Tuesday, February 22, 2011

Macau Trip III: Day Three and Departure

Day three, my final day in Macau, turned out a little differently than I had originally planned, but also much better than it would have been otherwise. I made a trip to the A Ma Temple, from which Macau draws its name. The temple itself was not as impressive as I had expected. In fact, it reminded me of a putt-putt golf course more than anything else. Here I struck up a conversation with a nice German fellow who wanted me to snap a picture of him. While we were talking, we were joined by a group of English blokes who were glad to hear some other English speakers (as was I!). We got to talking for a long time and they finally invited me to spend the day with them. We had lunch and visited a few of the sites, including the Moorish Barracks, the Leal Senado (again... but they hadn't seen it yet), and a few of the casinos, which I hadn't been into at all. That evening we went to Pizza Hut of all places. As lame as it sounds, I was eager to have REAL pizza, and that Meat Lover's pizza with the stuffed crust was just what I needed!

After dinner we had to part, and I was feeling a little blue because I really liked these guys and was vaguely toying with the idea of delaying my departure so I could hang out with them some more. After being alone in freezing cold Shaoyang for weeks with all the other Westerners gone and only my Chinese friends Phenix and Summer to see only while helping them out, I was really missing some cultural companionship! But finally I decided it would probably be too much trouble and reluctantly decided to leave as planned.

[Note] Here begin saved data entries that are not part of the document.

-- ===== src/Orchestrator/Cooldown.antt =====
-- The cooldown after an OOM kill, in nodepilot/orchestrator.py and nodepilot/admission.py.
use nodepilot.Common.{suc, ◌+◌, ◌<◌, ◌≡◌, true, false, List, arith, ok, >>=-eq-ok}
use nodepilot.Common.Text.{codes, text_eq, text_eq_iff}
use nodepilot.Config.{Job, failed, is_done}
use nodepilot.Host.{Host}
use nodepilot.Runner.{reap}
use nodepilot.Admission.{can_launch, in_cooldown}
use nodepilot.Orchestrator.{Setup, Aux, look, seconds, finish}

module _ (setup : Setup) where
  -- When a job ends as killed for lack of memory, no job is let through by an admission check that
  -- reads a time before the clock of the third observation of its ending plus the cooldown.
  pub finish-can_launch :
      (a a' : Aux) (job job' : Job)
      → finish setup a job ≡ ok (job', a')
      → job'.status ≡ failed
      → job'.failure_reason ≡ codes "oom_killed"
      → (h : Host) (other : Job) (jobs : List Job)
      → h.now < (setup.world (suc (suc a.reads))).now + seconds setup.config.oom_cooldown_seconds
      → (can_launch setup.config a'.cooldown_until h other jobs).ok ≡ false
  unfolding finish can_launch in_cooldown
  finish-can_launch a a' job job' e dead why h other jobs soon =
      let ((outcome, procs), reaped, e') = >>=-eq-ok (reap (look setup a) a.procs job) _ e in
      let same : outcome.reason ≡ codes "oom_killed" = ground arith in
      let named : text_eq outcome.reason (codes "oom_killed") ≡ true =
        (text_eq_iff outcome.reason (codes "oom_killed")).1 same in
      let status : outcome.status ≡ failed = ground arith in
      let armed : a'.cooldown_until
          ≡ (setup.world (suc (suc a.reads))).now + seconds setup.config.oom_cooldown_seconds =
        unfold is_done in ground arith in
      ground arith
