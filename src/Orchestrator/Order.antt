-- ===== src/Orchestrator/Order.antt =====
-- The indices of a launch pass: each once, and a pending job at each.
use nodepilot.Common.{
  ℕ, zero, suc, ◌+◌, ◌≡◌, ◌≢◌, refl, sym, inl, inr, true, List, [], ◌∷◌, map, some, arith,
  Bool-cases, get_elem?, set, get_elem?-set_ne, All, All-imp,
}
use nodepilot.Common.Sort.{sort_by, All-sort_by, AllPairs, sort_by-AllPairs}
use nodepilot.Config.{Job, JobStatus, pending, is_pending}
use nodepilot.Orchestrator.Loop.{pending_from, launch_less, launch_order}

abbrev pub PendingAt : List Job → ℕ → Type 0
PendingAt jobs i = (job : Job) × (get_elem? jobs i ≡ some job) × (job.status ≡ pending)

is_pending-eq : (s : JobStatus) → is_pending s ≡ true → s ≡ pending
unfolding is_pending
is_pending-eq s h = ground arith

abbrev From : ℕ → List Job → ℕ × Job → Type 0
From i js e = (k : ℕ) × (e.0 ≡ i + k) × PendingAt js k

From-cons : (i : ℕ) (j : Job) (js : List Job) (e : ℕ × Job) → From (suc i) js e → From i (j ∷ js) e
From-cons i j js e (k, at, (job, here, waits)) = (suc k, omega arith, (job, here, waits))

pending_from-From : (i : ℕ) (js : List Job) → All (From i js) (pending_from i js)
unfolding pending_from
pending_from-From i [] = tt
pending_from-From i (j ∷ js) =
    let rest =
      All-imp (From (suc i) js) (From i (j ∷ js)) (From-cons i j js) _
        (pending_from-From (suc i) js) in
    elim (Bool-cases (is_pending j.status)) [
      | inl waits ↦ rw waits ((zero, omega arith, (j, refl, is_pending-eq j.status waits)), rest)
      | inr other ↦ rw other rest
    ]

abbrev Differ : ℕ × Job → ℕ × Job → Type 0
Differ a b = a.0 ≢ b.0

pending_from-AllPairs : (i : ℕ) (js : List Job) → AllPairs Differ (pending_from i js)
unfolding pending_from
pending_from-AllPairs i [] = tt
pending_from-AllPairs i (j ∷ js) = elim (Bool-cases (is_pending j.status)) [
  | inl waits ↦ rw waits (
    All-imp (From (suc i) js) (Differ (i, j)) (λ e (k, at, _). omega arith) _
        (pending_from-From (suc i) js),
    pending_from-AllPairs (suc i) js,
  )
  | inr other ↦ rw other (pending_from-AllPairs (suc i) js)
]

All-map : (P : ℕ → Type 0) (es : List (ℕ × Job)) → All (λ e. P e.0) es → All P (map (λ e. e.0) es)
All-map P [] h = tt
All-map P (e ∷ es) h = (h.0, All-map P es h.1)

AllPairs-map :
    (es : List (ℕ × Job)) → AllPairs Differ es → AllPairs (◌≢◌ {A = ℕ}) (map (λ e. e.0) es)
AllPairs-map [] h = tt
AllPairs-map (e ∷ es) h = (All-map (λ i. e.0 ≢ i) es h.0, AllPairs-map es h.1)

pub launch_order-PendingAt : (jobs : List Job) → All (PendingAt jobs) (launch_order jobs)
unfolding launch_order
launch_order-PendingAt jobs = All-map (PendingAt jobs) (sort_by launch_less (pending_from 0 jobs)) (
    All-sort_by launch_less (λ e. PendingAt jobs e.0) (pending_from 0 jobs)
      (All-imp (From 0 jobs) (λ e. PendingAt jobs e.0) at_zero (pending_from 0 jobs)
        (pending_from-From 0 jobs)))
  where
    at_zero : (e : ℕ × Job) → From 0 jobs e → PendingAt jobs e.0
    at_zero e (k, at, p) = let same : e.0 ≡ k = omega arith in rw same p

pub launch_order-AllPairs : (jobs : List Job) → AllPairs (◌≢◌ {A = ℕ}) (launch_order jobs)
unfolding launch_order
launch_order-AllPairs jobs = AllPairs-map (sort_by launch_less (pending_from 0 jobs)) (
    sort_by-AllPairs launch_less Differ (λ a b h e. h (sym e)) (pending_from 0 jobs)
      (pending_from-AllPairs 0 jobs))

-- A launch at one index leaves the pending jobs at the others.
pub PendingAt-set :
    (jobs : List Job) (i : ℕ) (job' : Job) (is : List ℕ)
    → All (λ k. i ≢ k) is
    → All (PendingAt jobs) is
    → All (PendingAt (set jobs i job')) is
PendingAt-set jobs i job' [] d h = tt
PendingAt-set jobs i job' (k ∷ is) d ((job, here, waits), h) =
    ((job, rw (get_elem?-set_ne jobs i k job' d.0) here, waits), PendingAt-set jobs i job' is d.1 h)
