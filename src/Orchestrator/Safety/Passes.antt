-- ===== src/Orchestrator/Safety/Passes.antt =====
-- The passes that only end jobs: reaping, skipping dependents, and reconciling zombies.
use nodepilot.Common.{
  ℕ, zero, suc, ◌≡◌, subst, ◌⊎◌, inl, inr, Bool, true, List, [], ◌∷◌, ◌++◌, Option, none, some,
  arith, ok, >>=-eq-ok, Bool-cases, append-nil, length, ℤ, All2-refl, All2-trans, All2-at, All2,
  All2-imp,
}
use nodepilot.Config.{Job, JobStatus, running, done, failed, is_running, is_pending}
use nodepilot.Cgroups.{journal_reports_oom}
use nodepilot.Runner.{classify, reap, returncode, forget, is_alive}
use nodepilot.Orchestrator.{Setup, Aux, finish, reap_job, reap_finished, look, next}
use nodepilot.Orchestrator.Dependents.{mark_job, mark_pass, mark_loop, mark_dead_dependents}
use nodepilot.Orchestrator.Run.{reconcile_job, reconcile_from}
use nodepilot.Orchestrator.Safety.Sums.{Stops, Stops-refl, Stops-trans, AllStop}

is_running-eq : (s : JobStatus) → is_running s ≡ true → s ≡ running
unfolding is_running
is_running-eq s h = ground arith

classify_stops :
    (hint : Bool) (code : Option ℤ)
    → ((classify hint code).status ≡ done) ⊎ ((classify hint code).status ≡ failed)
unfolding classify
classify_stops hint none = ground arith
classify_stops hint (some code) = ground arith

mark_job-Stops : (now : ℕ) (jobs : List Job) (job : Job) → Stops job (mark_job now jobs job).0
unfolding mark_job is_running is_pending
mark_job-Stops now jobs job = ground arith

mark_pass-AllStop :
    (clock : ℕ → ℕ) (before after : List Job)
    → AllStop (before ++ after) (mark_pass clock before after).0
unfolding mark_pass
mark_pass-AllStop clock before [] = rw append-nil (All2-refl Stops Stops-refl before)
mark_pass-AllStop clock before (job ∷ after) =
    let now = clock (length before) in
    let job' = (mark_job now (before ++ job ∷ after) job).0 in
    All2-trans Stops Stops Stops Stops-trans (before ++ job ∷ after)
      ((before ++ job' ∷ []) ++ after) _
      (All2-at Stops Stops-refl before job job' after
        (mark_job-Stops now (before ++ job ∷ after) job))
      (mark_pass-AllStop clock (before ++ job' ∷ []) after)

mark_loop-AllStop :
    (fuel pass : ℕ) (clock : ℕ → ℕ → ℕ) (jobs : List Job)
    → AllStop jobs (mark_loop fuel pass clock jobs).0
unfolding mark_loop
mark_loop-AllStop zero pass clock jobs = All2-refl Stops Stops-refl jobs
mark_loop-AllStop (suc fuel) pass clock jobs =
    let first = mark_pass-AllStop (clock pass) [] jobs in
    elim (Bool-cases (mark_pass (clock pass) [] jobs).1) [
      | inl more ↦ rw more (
          All2-trans Stops Stops Stops Stops-trans jobs (mark_pass (clock pass) [] jobs).0 _ first
            (mark_loop-AllStop fuel (suc pass) clock (mark_pass (clock pass) [] jobs).0))
      | inr fixed ↦ rw fixed first
    ]

pub mark_dead-AllStop :
    (clock : ℕ → ℕ → ℕ) (jobs : List Job) → AllStop jobs (mark_dead_dependents clock jobs).0
unfolding mark_dead_dependents
mark_dead-AllStop clock jobs = mark_loop-AllStop (suc (length jobs)) 0 clock jobs

-- The job stays as it is, or was running and ends.
abbrev pub Ends : Job → Job → Type 0
Ends j j' =
    (j' ≡ j)
    ⊎ (j'.id ≡ j.id)
      × (j'.depends_on ≡ j.depends_on)
      × (j.status ≡ running)
      × ((j'.status ≡ done) ⊎ (j'.status ≡ failed))

abbrev pub AllEnd : List Job → List Job → Type 0
AllEnd = All2 Ends

Ends-Stops : (j j' : Job) → Ends j j' → Stops j j'
Ends-Stops j j' (inl same) = inl same
Ends-Stops j j' (inr (i, d, runs, ends)) = inr (i, d, inl (runs, ends))

module _ (setup : Setup) where
  finish-Ends :
      (a a' : Aux) (job job' : Job)
      → job.status ≡ running
      → finish setup a job ≡ ok (job', a')
      → Ends job job'
  unfolding finish reap
  finish-Ends a a' job job' runs e =
      let (r, reaped, e') = >>=-eq-ok (reap (look setup a) a.procs job) _ e in
      let (code, _, e'') = >>=-eq-ok (returncode (look setup a) a.procs job) _ reaped in
      let (procs, _, e3) = >>=-eq-ok (forget a.procs job) _ e'' in
      inr (
        ground arith,
        ground arith,
        runs,
        ground (arith, classify_stops (journal_reports_oom (look setup a)) code),
      )

  reap_job-Ends :
      (a a' : Aux) (job job' : Job) (changed : Bool)
      → reap_job setup a job ≡ ok (job', a', changed)
      → Ends job job'
  unfolding reap_job
  reap_job-Ends a a' job job' changed e = elim (Bool-cases (is_running job.status)) [
    | inr idle ↦ inl (ground arith)
    | inl runs ↦
        let (alive, _, e') = >>=-eq-ok (is_alive (look setup a) a.procs job) _ (rw runs at e) in
        elim (Bool-cases alive) [
          | inl yes_alive ↦ inl (ground arith)
          | inr gone ↦
              let (r, ended, e'') = >>=-eq-ok (finish setup (next setup a) job) _ (rw gone at e') in
              finish-Ends (next setup a) a' job job' (is_running-eq job.status runs) (ground arith)
        ]
  ]

  pub reap_finished-AllEnd :
      (a a' : Aux) (jobs jobs' : List Job) (changed : Bool)
      → reap_finished setup a jobs ≡ ok (jobs', a', changed)
      → AllEnd jobs jobs'
  unfolding reap_finished
  reap_finished-AllEnd a a' [] jobs' changed e =
      let same : [] ≡ jobs' = ground arith in subst (AllEnd []) same tt
  reap_finished-AllEnd a a' (job ∷ jobs) jobs' changed e =
      let ((job', a1, c1), first, e') = >>=-eq-ok (reap_job setup a job) _ e in
      let ((rest, a2, c2), others, e'') = >>=-eq-ok (reap_finished setup a1 jobs) _ e' in
      let same : job' ∷ rest ≡ jobs' = ground arith in
      subst (AllEnd (job ∷ jobs)) same
        (reap_job-Ends a a1 job job' c1 first, reap_finished-AllEnd a1 a2 jobs rest c2 others)

  reconcile_job-Ends :
      (a a' : Aux) (job job' : Job) (zombie : Bool)
      → reconcile_job setup a job ≡ ok (job', a', zombie)
      → Ends job job'
  unfolding reconcile_job is_running
  reconcile_job-Ends a a' job job' zombie e = elim (Bool-cases (is_running job.status)) [
    | inr idle ↦ inl (ground arith)
    | inl runs ↦
        let (alive, _, e') = >>=-eq-ok (is_alive (look setup a) a.procs job) _ (rw runs at e) in
        ground arith
  ]

  pub reconcile_from-AllEnd :
      (a a' : Aux) (jobs jobs' : List Job) (zombies : Bool)
      → reconcile_from setup a jobs ≡ ok (jobs', a', zombies)
      → AllEnd jobs jobs'
  unfolding reconcile_from
  reconcile_from-AllEnd a a' [] jobs' zombies e =
      let same : [] ≡ jobs' = ground arith in subst (AllEnd []) same tt
  reconcile_from-AllEnd a a' (job ∷ jobs) jobs' zombies e =
      let ((job', a1, z1), first, e') = >>=-eq-ok (reconcile_job setup a job) _ e in
      let ((rest, a2, z2), others, e'') = >>=-eq-ok (reconcile_from setup a1 jobs) _ e' in
      let same : job' ∷ rest ≡ jobs' = ground arith in
      subst (AllEnd (job ∷ jobs)) same
        (reconcile_job-Ends a a1 job job' z1 first, reconcile_from-AllEnd a1 a2 jobs rest z2 others)

  pub reap_finished-AllStop :
      (a a' : Aux) (jobs jobs' : List Job) (changed : Bool)
      → reap_finished setup a jobs ≡ ok (jobs', a', changed)
      → AllStop jobs jobs'
  reap_finished-AllStop a a' jobs jobs' changed e =
      All2-imp Ends Stops Ends-Stops jobs jobs' (reap_finished-AllEnd a a' jobs jobs' changed e)

  pub reconcile_from-AllStop :
      (a a' : Aux) (jobs jobs' : List Job) (zombies : Bool)
      → reconcile_from setup a jobs ≡ ok (jobs', a', zombies)
      → AllStop jobs jobs'
  reconcile_from-AllStop a a' jobs jobs' zombies e =
      All2-imp Ends Stops Ends-Stops jobs jobs' (reconcile_from-AllEnd a a' jobs jobs' zombies e)
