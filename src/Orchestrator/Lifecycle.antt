-- ===== src/Orchestrator/Lifecycle.antt =====
-- The lifecycle of a job: which changes of status one tick can make, and to which jobs.
pub mod Kept
pub mod Ticks
use nodepilot.Common.{
  ℕ, ◌≡◌, ◌≢◌, refl, sym, ap, ◌∙◌, subst, ◌⊎◌, inl, inr, Bool, true, false, List, [], ◌∷◌, none,
  some, arith, ok, >>=-eq-ok, Bool-cases, Option-cases, set, All, All-imp, All2, All2-refl,
  All2-set, All2-trans,
}
use nodepilot.Common.Sort.{AllPairs}
use nodepilot.Common.Text.{Text, text_eq}
use nodepilot.Config.{Job, pending, running, done, failed, skipped, is_done}
use nodepilot.Orchestrator.{Setup, State, deps_satisfied, try_launch}
use nodepilot.Orchestrator.Dependents.{by_id}
use nodepilot.Orchestrator.Loop.{launch_each, launch_pending, launch_order, tick}
use nodepilot.Orchestrator.Steps.{Launched, try_launch-cases}
use nodepilot.Orchestrator.Order.{
  PendingAt, PendingAt-set, launch_order-PendingAt, launch_order-AllPairs,
}
use nodepilot.Orchestrator.Phases.{tick-Tick}
use nodepilot.Orchestrator.Safety.Sums.{Stops, Stops-trans}
use nodepilot.Orchestrator.Safety.Passes.{mark_dead-AllStop, reap_finished-AllStop}

-- The two jobs are one, but for the runtime fields.
abbrev pub SameJob : Job → Job → Type 0
SameJob j j' = (j'.id ≡ j.id) × (j'.depends_on ≡ j.depends_on)

-- Every dependency of the job is a job of the list that is done.
abbrev pub DepsDone : List Job → Job → Type 0
DepsDone jobs j =
    All (λ dep. (u : Job) × (by_id jobs dep ≡ some u) × (u.status ≡ done)) j.depends_on

-- A launch: a pending job fails to start, or runs; either way its dependencies are done.
abbrev pub Starts : List Job → Job → Job → Type 0
Starts jobs j j' =
    (j' ≡ j)
    ⊎ SameJob j j'
      × (j.status ≡ pending)
      × ((j'.status ≡ failed) ⊎ (j'.status ≡ running))
      × DepsDone jobs j

-- What one tick may do to a job, where `jobs` is the list after the tick.
abbrev pub Moves : List Job → Job → Job → Type 0
Moves jobs j j' =
    (j' ≡ j)
    ⊎ SameJob j j'
      × (((j.status ≡ running) × ((j'.status ≡ done) ⊎ (j'.status ≡ failed)))
          ⊎ ((j.status ≡ pending)
              × ((j'.status ≡ skipped)
                  ⊎ ((j'.status ≡ failed) ⊎ (j'.status ≡ running)) × DepsDone jobs j)))

-- Launches leave the jobs that are done.
abbrev pub Waits : Job → Job → Type 0
Waits j j' = (j' ≡ j) ⊎ SameJob j j' × (j.status ≡ pending)
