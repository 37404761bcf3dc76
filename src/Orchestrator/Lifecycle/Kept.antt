-- ===== src/Orchestrator/Lifecycle/Kept.antt =====
-- Jobs that are done stay so, and stay the ones that their ids name, while others are launched.
use nodepilot.Common.{
  ◌≡◌, refl, sym, subst, inl, inr, true, false, List, [], ◌∷◌, none, some, arith, Bool-cases,
  Option-cases, All-imp, All2,
}
use nodepilot.Common.Text.{Text, text_eq}
use nodepilot.Config.{Job, done}
use nodepilot.Orchestrator.Dependents.{by_id}
use nodepilot.Orchestrator.Lifecycle.{DepsDone, Starts, Waits}

pub Starts-Waits : (jobs : List Job) (j j' : Job) → Starts jobs j j' → Waits j j'
Starts-Waits jobs j j' (inl same) = inl same
Starts-Waits jobs j j' (inr (same, waits, _, _)) = inr (same, waits)

by_id-none :
    (js js' : List Job) (d : Text) → All2 Waits js js' → by_id js d ≡ none → by_id js' d ≡ none
unfolding by_id
by_id-none [] [] d h e = refl
by_id-none [] (j' ∷ js') d h e = absurd h
by_id-none (j ∷ js) [] d h e = absurd h
by_id-none (j ∷ js) (j' ∷ js') d h e = elim (Option-cases (by_id js d)) [
  | inr (u, found) ↦ absurd (ground arith)
  | inl missing ↦
      let same_id : j'.id ≡ j.id = ground (arith, h.0) in
      let rest = by_id-none js js' d h.1 missing in
      let unnamed : text_eq j.id d ≡ false = ground arith in
      let unnamed' : text_eq j'.id d ≡ false =
        subst (λ t. text_eq t d ≡ false) (sym same_id) unnamed in
      ground arith
]

by_id-done :
    (js js' : List Job) (d : Text) (u : Job)
    → All2 Waits js js'
    → u.status ≡ done
    → by_id js d ≡ some u
    → by_id js' d ≡ some u
unfolding by_id
by_id-done [] [] d u h k e = e
by_id-done [] (j' ∷ js') d u h k e = absurd h
by_id-done (j ∷ js) [] d u h k e = absurd h
by_id-done (j ∷ js) (j' ∷ js') d u h k e = elim (Option-cases (by_id js d)) [
  | inr (v, found) ↦
      let same : v ≡ u = ground arith in
      let rest = by_id-done js js' d u h.1 k (rw same at found) in rw rest
  | inl missing ↦
      let rest = by_id-none js js' d h.1 missing in
      elim (Bool-cases (text_eq j.id d)) [
        | inr other ↦ absurd (ground arith)
        | inl named ↦
            let same : j ≡ u = ground arith in
            let kept : j' ≡ j = elim h.0 [
              | inl k' ↦ k'
              | inr (_, waits) ↦ absurd (let e1 : j.status ≡ done = rw same k in ground arith)
            ] in
            let named' : text_eq j'.id d ≡ true =
              subst (λ (x : Job). text_eq x.id d ≡ true) (sym kept) named in
            ground arith
      ]
]

pub DepsDone-Waits :
    (js js' : List Job) (j : Job) → All2 Waits js js' → DepsDone js j → DepsDone js' j
DepsDone-Waits js js' j h k =
    All-imp _ _
      (λ dep (u, found, is_done_lem). (u, by_id-done js js' dep u h is_done_lem found, is_done_lem))
      j.depends_on k
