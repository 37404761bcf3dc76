-- ===== src/Orchestrator/Lifecycle/Ticks.antt =====
-- A tick of nodepilot/orchestrator.py, job by job, from its launches.
use nodepilot.Common.{
  ℕ, ◌≡◌, ◌≢◌, refl, sym, ap, ◌∙◌, subst, inl, inr, Bool, true, List, [], ◌∷◌, some, arith, ok,
  >>=-eq-ok, Option-cases, set, All, All2, All2-refl, All2-set, All2-trans,
}
use nodepilot.Common.Sort.{AllPairs}
use nodepilot.Common.Text.{Text}
use nodepilot.Config.{Job, pending, done, is_done}
use nodepilot.Orchestrator.{Setup, State, deps_satisfied, try_launch}
use nodepilot.Orchestrator.Dependents.{by_id}
use nodepilot.Orchestrator.Loop.{launch_each, launch_pending, launch_order, tick}
use nodepilot.Orchestrator.Steps.{Launched, try_launch-cases}
use nodepilot.Orchestrator.Order.{
  PendingAt, PendingAt-set, launch_order-PendingAt, launch_order-AllPairs,
}
use nodepilot.Orchestrator.Phases.{tick-Tick}
use nodepilot.Orchestrator.Safety.Sums.{Stops, Stops-trans}
use nodepilot.Orchestrator.Safety.Passes.{mark_dead-AllStop, reap_finished-AllStop}
use nodepilot.Orchestrator.Lifecycle.{Starts, Moves, Waits}
use nodepilot.Orchestrator.Lifecycle.Kept.{Starts-Waits, DepsDone-Waits}

Starts-trans : (jobs : List Job) (a b c : Job) → Starts jobs a b → Starts jobs b c → Starts jobs a c
Starts-trans jobs a b c h (inl same) = rw same h
Starts-trans jobs a b c (inl same) (inr k) = inr (rw same at k)
Starts-trans jobs a b c (inr h) (inr k) = absurd (ground arith)

Waits-trans : (a b c : Job) → Waits a b → Waits b c → Waits a c
Waits-trans a b c h (inl same) = rw same h
Waits-trans a b c (inl same) (inr k) = inr (rw same at k)
Waits-trans a b c (inr h) (inr k) = inr ((k.0.0 ∙ h.0.0, k.0.1 ∙ h.0.1), h.1)

All2-Waits : (jobs js js' : List Job) → All2 (Starts jobs) js js' → All2 Waits js js'
All2-Waits jobs [] [] h = tt
All2-Waits jobs [] (j' ∷ js') h = absurd h
All2-Waits jobs (j ∷ js) [] h = absurd h
All2-Waits jobs (j ∷ js) (j' ∷ js') h = (Starts-Waits jobs j j' h.0, All2-Waits jobs js js' h.1)

-- A job that was reaped or skipped, and then perhaps launched.
Moves-trans : (jobs : List Job) (a b c : Job) → Stops a b → Starts jobs b c → Moves jobs a c
Moves-trans jobs a b c (inl same) (inl same') = inl (same' ∙ same)
Moves-trans jobs a b c (inl same) (inr (id, waits, k, deps)) =
    subst (λ x. Moves jobs x c) same (inr (id, inr (waits, inr (k, deps))))
Moves-trans jobs a b c (inr (id, deps, h)) (inl same) =
    let ends : Moves jobs a b =
      inr
        ((id, deps), elim h [ inl ran ↦ inl ran | inr (waits, skips) ↦ inr (waits, inl skips) ]) in
    rw same ends
Moves-trans jobs a b c (inr h) (inr k) = absurd (ground arith)

module _ (setup : Setup) where
  deps_satisfied-DepsDone :
      (jobs : List Job) (deps : List Text)
      → deps_satisfied setup jobs deps ≡ true
      → All (λ dep. (u : Job) × (by_id jobs dep ≡ some u) × (u.status ≡ done)) deps
  unfolding deps_satisfied is_done
  deps_satisfied-DepsDone jobs [] e = tt
  deps_satisfied-DepsDone jobs (dep ∷ deps) e = elim (Option-cases (by_id jobs dep)) [
    | inl missing ↦ absurd (ground arith)
    | inr (u, found) ↦ ((u, found, ground arith), deps_satisfied-DepsDone jobs deps (ground arith))
  ]

  -- The launch of a ready job, seen with the job list after the whole pass.
  launched-Starts :
      (js js' : List Job) (job job' : Job)
      → All2 Waits js js'
      → job.status ≡ pending
      → deps_satisfied setup js job.depends_on ≡ true
      → Launched setup js job job'
      → Starts js' job job'
  launched-Starts js js' job job' kept waits ready l =
      let deps = DepsDone-Waits js js' job kept (deps_satisfied-DepsDone js job.depends_on ready) in
      let (id, depends_on, how) = l.started in
      inr (
        (id, depends_on),
        waits,
        elim how [ inl fails ↦ inl fails.0 | inr runs ↦ inr runs.0 ],
        deps,
      )

  pub launch_each-Starts :
      (is : List ℕ) (st st' : State) (changed : Bool)
      → All (PendingAt st.jobs) is
      → AllPairs (◌≢◌ {A = ℕ}) is
      → launch_each setup is st ≡ ok (st', changed)
      → All2 (Starts st'.jobs) st.jobs st'.jobs
  unfolding launch_each
  launch_each-Starts [] st st' changed at d e =
      let same : st ≡ st' = ground arith in
      subst (λ s. All2 (Starts s.jobs) st.jobs s.jobs) same
        (All2-refl (Starts st.jobs) (λ j. inl refl) st.jobs)
  launch_each-Starts (i ∷ is) st st' changed ((job, here, waits), at) d e =
      let ((st1, c1), first, e') = >>=-eq-ok (try_launch setup st i job) _ (rw here at e) in
      let ((st2, c2), others, e'') = >>=-eq-ok (launch_each setup is st1) _ e' in
      let same : st2 ≡ st' = ground arith in
      let others' : launch_each setup is st1 ≡ ok (st', c2) = others ∙ ap (λ s. ok (s, c2)) same in
      elim (try_launch-cases setup st st1 i job c1 first) [
        | inl (_, still) ↦
            let rest = launch_each-Starts is st1 st' c2 (rw still at) d.1 others' in
            subst (λ js. All2 (Starts st'.jobs) js st'.jobs) still rest
        | inr (_, l) ↦
            let after = set st.jobs i l.job' in
            let at' =
              subst (λ js. All (PendingAt js) is) (sym l.jobs)
                (PendingAt-set st.jobs i l.job' is d.0 at) in
            let rest : All2 (Starts st'.jobs) after st'.jobs =
              subst (λ js. All2 (Starts st'.jobs) js st'.jobs) l.jobs
                (launch_each-Starts is st1 st' c2 at' d.1 others') in
            let (id, depends_on, _) = l.launched.started in
            let step_waits =
              All2-set Waits (λ j. inl refl) st.jobs i job l.job' here
                (inr ((id, depends_on), waits)) in
            let kept =
              All2-trans Waits Waits Waits Waits-trans st.jobs after st'.jobs step_waits
                (All2-Waits st'.jobs after st'.jobs rest) in
            let step =
              All2-set (Starts st'.jobs) (λ j. inl refl) st.jobs i job l.job' here
                (launched-Starts st.jobs st'.jobs job l.job' kept waits l.ready l.launched) in
            All2-trans (Starts st'.jobs) (Starts st'.jobs) (Starts st'.jobs) (Starts-trans st'.jobs)
              st.jobs after st'.jobs step rest
      ]

  -- A tick that returns leaves every job as it is, or changes its status, and of its id and its
  -- dependencies nothing: a running job becomes done or failed; a pending job becomes skipped, or
  -- failed or running, and these two only if each of its dependencies names a job that is done in
  -- the list after the tick. The list keeps its length and its order.
  pub tick-Moves :
      (st st' : State) (changed : Bool)
      → tick setup st ≡ ok (st', changed)
      → All2 (Moves st'.jobs) st.jobs st'.jobs
  unfolding launch_pending
  tick-Moves st st' changed e =
      let t = tick-Tick setup st st' changed e in
      let stops =
        All2-trans Stops Stops Stops Stops-trans st.jobs t.jobs _
          (reap_finished-AllStop setup st.aux t.aux st.jobs t.jobs t.reaped t.reaping)
          (mark_dead-AllStop t.clock t.jobs) in
      let starts =
        launch_each-Starts (launch_order t.middle.jobs) t.middle st' t.launched
          (launch_order-PendingAt t.middle.jobs) (launch_order-AllPairs t.middle.jobs)
          t.launching in
      All2-trans Stops (Starts st'.jobs) (Moves st'.jobs) (Moves-trans st'.jobs) st.jobs
        t.middle.jobs st'.jobs (subst (All2 Stops st.jobs) (sym t.middle_jobs) stops) starts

I woke up at 5AM the next day. The border opens at 7AM, and I had to take a 45 minute cab ride to get to the airport to make my 9:05AM flight. I wasn't sure what to expect, and I was afraid if it took as long to get back into China as it took to leave I was going to be cutting it very close time wise. I was at the border by 6:30AM and had time to wait. There weren't many people there, so I positioned myself fairly close to the gate into the port authority building. But as 7AM approached, suddenly there were hundreds, if not over a thousand people surrounding me. At exactly 7AM on the dot, the guards opened the gate, and people were LITERALLY crawling under the gate when it was only inches off the ground. I found myself in the novel and exhilarating experience of running towards a border as part of a crowd carrying all my worldly possessions on my back and in my hands. I admit, I felt a little like a refugee in a movie.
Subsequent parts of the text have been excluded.